The 7th Michigan Infantry Regiment was an infantry regiment that served in the Union Army during the American Civil War.

==Service==
The 7th Michigan Infantry was organized at Monroe, Michigan and mustered into Federal service for a three-year enlistment on August 22, 1861. Among the ranks was future Brigadier General Henry Baxter, who was captain of C Company.

The 7th was assigned to the Army of the Potomac soon after it was formed and served in the 3rd Brigade, 2nd Division, 2nd Corps, for the duration of the war.
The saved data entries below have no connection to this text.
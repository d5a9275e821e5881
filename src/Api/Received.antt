-- ===== src/Api/Received.antt =====
-- Lemmas on what an upload is received as (internal/api/plugins.go).
use agentreg.Base.{
  eqb, ℕ, zero, suc, ◌+◌, ◌≤◌, Text, ◌==◌, ltb, Option, none, some, [], ◌∷◌, find, length, Result,
  ok, err, Error, false, true, Bool-cases, inl, inr, if◌then◌else◌, ok-injective, ◌≡◌, refl, sym,
  subst, ap, ◌∙◌, arith,
}
use agentreg.Path.{clean}
use agentreg.Pack.{is_inside}
use agentreg.Pack.{default_options}
use agentreg.Pack.Extract.{
  Disk, File, Fault, D, take, call, call_at, next_fault, past_fault, open_file, mkdir_all, copy,
  copy_at, put_file, opened, extract_reader,
}
use agentreg.Pack.Contained.{file_at, put_file_self, extract_reader_outside}
use agentreg.Manifest.{Bundle}
use agentreg.Manifest.Valid.{Valid, validate_dir-Valid}
use agentreg.Manifest.Reading.{read_folder, read_folder-files, validate_at}
use agentreg.Api.Receive.{
  max_tarball_bytes, Upload, Refusal, internal, told, failed, Received, refused, received, Receive,
  or_refused, step, taken, refuse, proceed, ◌>>=◌, stored, found_at, open_stored, internal_error,
  invalid_archive, invalid_plugin, tarball_path, extract_dir, read_body, receive,
}

-- From `P`, what is received leads to `Q`.
record Gets {A : Type 0} (P : Disk → Type 0) (m : Receive A) (Q : A → Disk → Type 0) : Type 0 where
  at : (d : Disk) → P d → (a : A) → (m d).0 ≡ received a → Q a (m d).1

module _ {A B : Type 0} {P : Disk → Type 0} {Q : B → Disk → Type 0} where
  Gets-bind :
      (R : A → Disk → Type 0) {m : Receive A} {k : A → Receive B}
      → Gets P m R
      → ((a : A) → Gets (R a) (k a) Q)
      → Gets P (m >>= k) Q
  unfolding ◌>>=◌
  Gets-bind R {m} {k} h j = record { at = λ d p b e. led (m d).0 (m d).1 b (h.at d p) e }
    where
      led :
          (r : Received A) (d : Disk) (b : B)
          → ((a : A) → r ≡ received a → R a d)
          → (proceed r k d).0 ≡ received b
          → Q b (proceed r k d).1
      led (refused x) d b h e = absurd (cc e)
      led (received a) d b h e = (j a).at d (h a refl) b e

or_refused-ok :
    {A : Type 0} (f : Error → Refusal) (r : Result A) (a : A)
    → or_refused f r ≡ received a
    → r ≡ ok a
or_refused-ok f (ok b) a e = cc e
or_refused-ok f (err x) a e = absurd (cc e)

module _ {A : Type 0} {P : Disk → Type 0} {Q : A → Disk → Type 0} where
  Gets-step :
      (f : Error → Refusal) (m : D A)
      → ((d : Disk) → P d → (a : A) → (m d).0 ≡ ok a → Q a (m d).1)
      → Gets P (step f m) Q
  unfolding step
  Gets-step f m h = record { at = λ d p a e. h d p a (or_refused-ok f (m d).0 a e) }

-- A system call that succeeds.
call-ok : (g : Disk → Disk) (d : Disk) → (call g d).0 ≡ ok tt → (call g d).1 ≡ g (past_fault d)
unfolding call
call-ok g d = at_fault (next_fault d)
  where
    at_fault :
        (o : Option Fault)
        → (call_at o g (past_fault d)).0 ≡ ok tt
        → (call_at o g (past_fault d)).1 ≡ g (past_fault d)
    at_fault none e = refl
    at_fault (some x) e = absurd (cc e)

take-all : (n : ℕ) (s : Text) → length (take n s) + 1 ≤ n → (take n s ≡ s) × (length s + 1 ≤ n)
unfolding take
take-all zero s h = absurd (omega arith)
take-all (suc n) [] h = (refl, omega arith)
take-all (suc n) (c ∷ s) h =
    let (e, k) = take-all n s (omega arith) in (ap (λ x. c ∷ x) e, omega arith)
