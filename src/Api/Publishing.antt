-- ===== src/Api/Publishing.antt =====
-- What a response to a publish means.
use agentreg.Base.{
  sym, ℕ, Text, eqb, Bool-cases, false, Option, none, some, Error, Result, ok, err, conflict,
  forbidden, not_found, token_invalid, invalid_input, driver, wrap, ◌⊎◌, inl, inr, ◌≡◌, refl, subst,
  arith,
}
use agentreg.Store.{Time, User, Version}
use agentreg.World.{Db, World, M, pure}
use agentreg.World.Ensures.{Ensures, Ensures-bind, Ensures-pure}
use agentreg.World.Then.{OnOk, Ensures-outcome}
use agentreg.Manifest.{Bundle}
use agentreg.Registry.{Registry, PublishInput, publish}
use agentreg.Registry.Published.Whole.{Published, publish-Published}
use agentreg.Api.Plugins.{
  Reply, reply, published, is_invalid_input, invalid_or_internal, write_publish_error,
  published_reply, publish_input, publish_bundle, refusal_reply, publish_received, publish_dated,
  handle_publish,
}
use agentreg.Path.{clean}
use agentreg.Pack.{is_inside}
use agentreg.Api.Receive.{
  Upload, Refusal, internal, told, failed, Received, refused, received, receive, tarball_path,
  extract_dir,
}
use agentreg.Api.Received.{IsReceived, IsRefusal, receive-IsReceived, receive-IsRefusal}

invalid_or_internal-refused : (e : Error) → eqb (invalid_or_internal e).status 201 ≡ false
unfolding invalid_or_internal
invalid_or_internal-refused e = elim (Bool-cases (is_invalid_input e)) [
  | inl i ↦ rw i refl
  | inr i ↦ rw i refl
]

write_publish_error-refused : (e : Error) → eqb (write_publish_error e).status 201 ≡ false
unfolding write_publish_error
write_publish_error-refused forbidden = refl
write_publish_error-refused conflict = refl
write_publish_error-refused not_found = invalid_or_internal-refused not_found
write_publish_error-refused token_invalid = invalid_or_internal-refused token_invalid
write_publish_error-refused invalid_input = invalid_or_internal-refused invalid_input
write_publish_error-refused (driver m) = invalid_or_internal-refused (driver m)
write_publish_error-refused (wrap m e) = invalid_or_internal-refused (wrap m e)

refusal-refused : (x : Refusal) → IsRefusal x → eqb (refusal_reply x).status 201 ≡ false
unfolding refusal_reply
refusal-refused internal h = refl
refusal-refused (told status m) h = h
refusal-refused (failed status e) h = h

module _ (r : Registry) (user : Option User) (scope name version : Text) (u : Upload)
    (d0 : Db) where
  -- A user was there, the body was received as an archive within the limit that unpacks to a directory that
  -- validates, and the publish of that body is recorded under the user's own name.
  pub record Created (rep : Reply) (d' : Db) : Type 0 where
    pub who : User
    pub authenticated : user ≡ some who
    pub bundle : Bundle
    pub is_received : IsReceived u (bundle, u.body)
    pub at : Time
    pub v : Version
    pub answer : rep ≡ reply 201 (published v)
    pub recorded : Published r (publish_input who scope name version at u.body bundle) d0 v d'

  abbrev Meets : M Reply → Type 0
  Meets m = Ensures (λ d b t. d ≡ d0) m (λ rep d b t. (eqb rep.status 201 ≡ false) ⊎ Created rep d)

  abbrev refuses : (rep : Reply) → eqb rep.status 201 ≡ false → Meets (pure rep)
  refuses rep h = Ensures-pure rep (λ d b t e. inl h)

  publish-Ensures :
      (i : PublishInput)
      → Ensures (λ d b t. d ≡ d0) (publish r i) (λ v d' b t. Published r i d0 v d')
  publish-Ensures i = record {
    at = λ w v h e.
        subst (λ d. Published r i d v (publish r i w).1.db) h (publish-Published r i w v e);
  }

  module _ (apart : is_inside (tarball_path u) (clean (extract_dir u)) ≡ false) (who : User)
      (authenticated : user ≡ some who) (at : Time) where
    module _ (bundle : Bundle) (is_received : IsReceived u (bundle, u.body)) where
      published_reply-Meets :
          (outcome : Result Version)
          → Ensures
              (OnOk
                (λ v d b t.
                  Published r (publish_input who scope name version at u.body bundle) d0 v d)
                outcome)
              (pure (published_reply outcome))
              (λ rep d b t. (eqb rep.status 201 ≡ false) ⊎ Created rep d)
      unfolding published_reply
      published_reply-Meets (err e) =
          Ensures-pure _ (λ d b t h. inl (write_publish_error-refused e))
      published_reply-Meets (ok v) = Ensures-pure _ λ d b t h. inr (record {
        who = who;
        authenticated = authenticated;
        bundle = bundle;
        is_received = is_received;
        at = at;
        v = v;
        answer = refl;
        recorded = h;
      })

      publish_bundle-Meets :
          Meets (publish_bundle r (publish_input who scope name version at u.body bundle))
      unfolding publish_bundle
      publish_bundle-Meets =
          Ensures-bind _ _ _ (Ensures-outcome _ (publish-Ensures _))
            λ outcome. published_reply-Meets outcome

    publish_received-Meets :
        (x : Received (Bundle × Text))
        → (receive u u.disk).0 ≡ x
        → Meets (publish_received r who scope name version at x)
    unfolding publish_received
    publish_received-Meets (refused x) h =
        refuses _ (refusal-refused x (receive-IsRefusal u u.disk x h))
    publish_received-Meets (received (bundle, content)) h =
        let all_of_it = receive-IsReceived u apart u.disk (bundle, content) h in
        subst (λ c. Meets (publish_bundle r (publish_input who scope name version at c bundle)))
          (sym all_of_it.is_body)
          (publish_bundle-Meets bundle
            (subst (λ c. IsReceived u (bundle, c)) all_of_it.is_body all_of_it))

  module _ (apart : is_inside (tarball_path u) (clean (extract_dir u)) ≡ false) where
    publish_dated-Meets :
        (who : User)
        → user ≡ some who
        → (date : Option (Option Time)) → Meets (publish_dated r who scope name version u date)
    unfolding publish_dated
    publish_dated-Meets who h (some none) = refuses _ refl
    publish_dated-Meets who h (some (some t)) = publish_received-Meets apart who h t _ refl
    publish_dated-Meets who h none = publish_received-Meets apart who h 0 _ refl

    handle_publish-Meets :
        (o : Option User) (date : Option (Option Time))
        → user ≡ o
        → Meets (handle_publish r o scope name version date u)
    unfolding handle_publish
    handle_publish-Meets none date h = refuses _ refl
    handle_publish-Meets (some who) date h = publish_dated-Meets who h date

-- Let the archive's path not be in the directory that it is unpacked to. When the response to a publish has
-- status 201, the request had a user; its body was read to the end and within the limit, unpacks, and gives a
-- directory that validates; and the publish of that body and bundle under the user's own name is recorded. The
-- response has the version that was recorded.
pub handle_publish-Created :
    (r : Registry) (user : Option User) (scope name version : Text) (date : Option (Option Time))
    (u : Upload) (w : World) (rep : Reply)
    → is_inside (tarball_path u) (clean (extract_dir u)) ≡ false
    → (handle_publish r user scope name version date u w).0 ≡ ok rep
    → rep.status ≡ 201
    → Created r user scope name version u w.db rep
        (handle_publish r user scope name version date u w).1.db
handle_publish-Created r user scope name version date u w rep apart e s =
    created
      ((handle_publish-Meets r user scope name version u w.db apart user date refl).at w rep refl e)
  where
    not_created : (n : ℕ) → eqb n 201 ≡ false → n ≡ 201 → ⊥
    not_created n h k = ground arith

    created :
        (eqb rep.status 201 ≡ false)
          ⊎ Created r user scope name version u w.db rep
              (handle_publish r user scope name version date u w).1.db
        → Created r user scope name version u w.db rep
            (handle_publish r user scope name version date u w).1.db
    created (inl h) = absurd (not_created rep.status h s)
    created (inr done) = done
Sister regiments in the 3rd Brigade included the 19th Massachusetts, 20th Massachusetts, 42nd New York, and 59th New York.

The 7th was one of the first regiments to cross the Rappahannock River on Dec. 11th, 1862 while under fire from Confederate sharpshooters hidden in the buildings of Fredericksburg, the first opposed riverine assault in American military history.

The regiment was mustered out on July 5, 1865, since, as the war was over, they were no longer needed.

== Notable Members ==
In July 1862, Norman J. Hall, a Regular Army artilleryman assumed command of the regiment and led it until he was promoted to brigade command before the Battle of Gettysburg.

Infantryman William Rufus Shafter was wounded at the Battle of Fair Oaks; he later received the Medal of Honor for heroism during the battle.

Sergeant Alonzo Smith of Company C received the Medal of Honor on December 1, 1864, for his actions at the Battle of Boydton Plank Road on October 27, 1864.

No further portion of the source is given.